-- ===== src/Calendar/Picker.antt =====
-- app/frontend/components/CalendarPicker.jsx: the month in view, the two range fields, and the
-- dates picked, which the parent keeps. `today` is the local date of the render, as an argument.
-- A handler returns the new state and the value that it passes to `onChange`, if it calls it.
pub mod Days
pub mod Ranges
pub mod Selection
pub mod Months
pub mod Sessions
use roost_assured.Common.{
  ℕ, zero, suc, ◌+◌, ◌-◌, ◌*◌, ◌/◌, ◌%◌, ◌≤◌, ◌<◌, String, ◌≡◌, refl, sym, ap, ◌∙◌, ◌≢◌, ◌↔◌, ◌⊎◌,
  inl, inr, Bool, true, false, not, ◌&&◌, ◌||◌, Option, none, some, List, [], ◌∷◌, ◌++◌, map, arith,
  ltb, leb, nat_beq, if◌then◌else◌, ltb→lt, lt→ltb, nat_beq_iff, Bool-cases, Option-cases,
  Comparable, ◌==◌, number_key, string_key, ==_refl, ==_false, ==_comm, length, All, keep, any,
  every, find, when, length-append, length-keep, keep-append, keep-keep, contains, contains-append,
  contains-keep,
}
use roost_assured.Common.Text.{text_beq, text_key}
use roost_assured.Common.Sets.{add, flip, set_of}
use roost_assured.Calendar.Dates.{
  LocalDate, new_date, days_in_month, next_day, first_weekday, date_lt, date_le, later, to_date_key,
  read_date,
}
use roost_assured.Calendar.Texts.{text_lt, sort}

pub record Picker : Type 0 where
  pub view_year : ℕ
  pub view_month : ℕ
  pub range_start : List ℕ
  pub range_end : List ℕ

unfoldable pub new_picker : LocalDate → Picker
new_picker today = record {
  view_year = today.year;
  view_month = today.month;
  range_start = [];
  range_end = [];
}

-- `toggleDay(day)`: a past day is left alone.
unfoldable pub toggle_day : LocalDate → List (List ℕ) → Picker → ℕ → Option (List (List ℕ))
toggle_day today selected_dates p day =
    let key = to_date_key (new_date p.view_year p.view_month day) in
    let selected = set_of selected_dates in
    if text_lt key (to_date_key today) then none else some (sort (flip key selected))

-- The position of a date, with 31 days to each month.
abbrev pub rank : LocalDate → ℕ
rank t = (t.year * 12 + t.month) * 31 + t.date

-- The loop of `applyRange`; the fuel is the distance in `rank`.
pub add_range : ℕ → LocalDate → LocalDate → List (List ℕ) → List (List ℕ)
add_range zero d last selected = selected
add_range (suc fuel) d last selected =
    let rest = add_range fuel (next_day d) last (add (to_date_key d) selected) in
    if date_le d last then rest else selected

-- What `applyRange` does with the two dates that it has read; `none` is an invalid date, which is
-- below and above nothing.
pub apply_dates :
    LocalDate → Option LocalDate → Option LocalDate → List (List ℕ) → Option (List (List ℕ))
apply_dates today (some first) (some last) selected =
    let start = later first today in
    if date_lt last start
    then none
    else some (sort (add_range (rank last + 1 - rank start) start last selected))
apply_dates today _ _ selected = some (sort selected)

-- `applyRange(start, end)`, of the texts of the two fields.
unfoldable pub apply_range : LocalDate → List (List ℕ) → List ℕ → List ℕ → Option (List (List ℕ))
unfolding apply_dates add_range
apply_range today selected_dates start last =
    if text_beq start [] || text_beq last []
    then none
    else apply_dates today (read_date start) (read_date last) (set_of selected_dates)

-- The argument of `changeMonth`, -1 or 1.
pub data Delta : Type 0 where
  back forth : Delta

-- The month and year that `changeMonth` computes.
unfoldable pub shift_month : Delta → ℕ → ℕ → ℕ × ℕ
shift_month back y m = if nat_beq m 0 then (y - 1, 11) else (y, m - 1)
shift_month forth y m = if ltb 11 (m + 1) then (y + 1, 0) else (y, m + 1)

-- `changeMonth(delta)`: no month before the current one comes into view.
unfoldable pub change_month : LocalDate → Delta → Picker → Picker
change_month today delta p =
    let (y, m) = shift_month delta p.view_year p.view_month in
    if ltb y today.year || (nat_beq y today.year && ltb m today.month)
    then p
    else record p { view_month = m; view_year = y }

unfoldable pub is_viewing_current_month : LocalDate → Picker → Bool
is_viewing_current_month today p =
    nat_beq p.view_year today.year && nat_beq p.view_month today.month

-- The `onChange` handlers of the two date fields.
unfoldable pub change_start :
    LocalDate → List (List ℕ) → Picker → List ℕ → Picker × Option (List (List ℕ))
change_start today selected_dates p value =
    (record p { range_start = value }, apply_range today selected_dates value p.range_end)

unfoldable pub change_end :
    LocalDate → List (List ℕ) → Picker → List ℕ → Picker × Option (List (List ℕ))
change_end today selected_dates p value =
    (record p { range_end = value }, apply_range today selected_dates p.range_start value)

-- What is drawn for a day of the month in view.
pub record DayCell : Type 0 where
  pub day : ℕ
  pub selected : Bool
  pub disabled : Bool

day_cells : LocalDate → List (List ℕ) → Picker → ℕ → ℕ → List DayCell
day_cells today selected_dates p zero day = []
day_cells today selected_dates p (suc left) day =
    let key = to_date_key (new_date p.view_year p.view_month day) in
    record {
      day = day;
      selected = contains (set_of selected_dates) key;
      disabled = text_lt key (to_date_key today);
    }
    ∷ day_cells today selected_dates p left (day + 1)

-- What the component draws: the month's number and year, the blanks before its first day, its
-- days, whether the way back is open, and the least date that each field takes.
pub record PickerView : Type 0 where
  pub title : ℕ × ℕ
  pub leading_blanks : ℕ
  pub days : List DayCell
  pub previous_disabled : Bool
  pub start_min : List ℕ
  pub end_min : List ℕ

unfoldable pub render_picker : LocalDate → List (List ℕ) → Picker → PickerView
unfolding day_cells
render_picker today selected_dates p = record {
  title = (p.view_month, p.view_year);
  leading_blanks = first_weekday p.view_year p.view_month;
  days = day_cells today selected_dates p (days_in_month p.view_year p.view_month) 1;
  previous_disabled = is_viewing_current_month today p;
  start_min = to_date_key today;
  end_min = if text_beq p.range_start [] then to_date_key today else p.range_start;
}

-- What a user does with the component; the parent takes the value passed to `onChange` as the new
-- `selectedDates`.
pub data PickerEvent : Type 0 where
  toggle : ℕ → PickerEvent
  enter_start enter_end : List ℕ → PickerEvent
  turn : Delta → PickerEvent

abbrev pub taken : List (List ℕ) → Option (List (List ℕ)) → List (List ℕ)
taken old none = old
taken old (some new) = new

unfoldable pub pick : LocalDate → Picker × List (List ℕ) → PickerEvent → Picker × List (List ℕ)
pick today (p, selected_dates) (toggle day) =
    (p, taken selected_dates (toggle_day today selected_dates p day))
pick today (p, selected_dates) (enter_start value) =
    let (q, sent) = change_start today selected_dates p value in (q, taken selected_dates sent)
pick today (p, selected_dates) (enter_end value) =
    let (q, sent) = change_end today selected_dates p value in (q, taken selected_dates sent)
pick today (p, selected_dates) (turn delta) = (change_month today delta p, selected_dates)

--------------------------------------------------

→ TASK TO COMPLETE:
From the line containing "turn : Delta → PickerEvent" through the final line of the listing above, retype every line exactly; leave out everything else.

→ EXERCISE OUTPUT:
  turn : Delta → PickerEvent

abbrev pub taken : List (List ℕ) → Option (List (List ℕ)) → List (List ℕ)
taken old none = old
taken old (some new) = new

unfoldable pub pick : LocalDate → Picker × List (List ℕ) → PickerEvent → Picker × List (List ℕ)
pick today (p, selected_dates) (toggle day) =
    (p, taken selected_dates (toggle_day today selected_dates p day))
pick today (p, selected_dates) (enter_start value) =
    let (q, sent) = change_start today selected_dates p value in (q, taken selected_dates sent)
pick today (p, selected_dates) (enter_end value) =
    let (q, sent) = change_end today selected_dates p value in (q, taken selected_dates sent)
pick today (p, selected_dates) (turn delta) = (change_month today delta p, selected_dates)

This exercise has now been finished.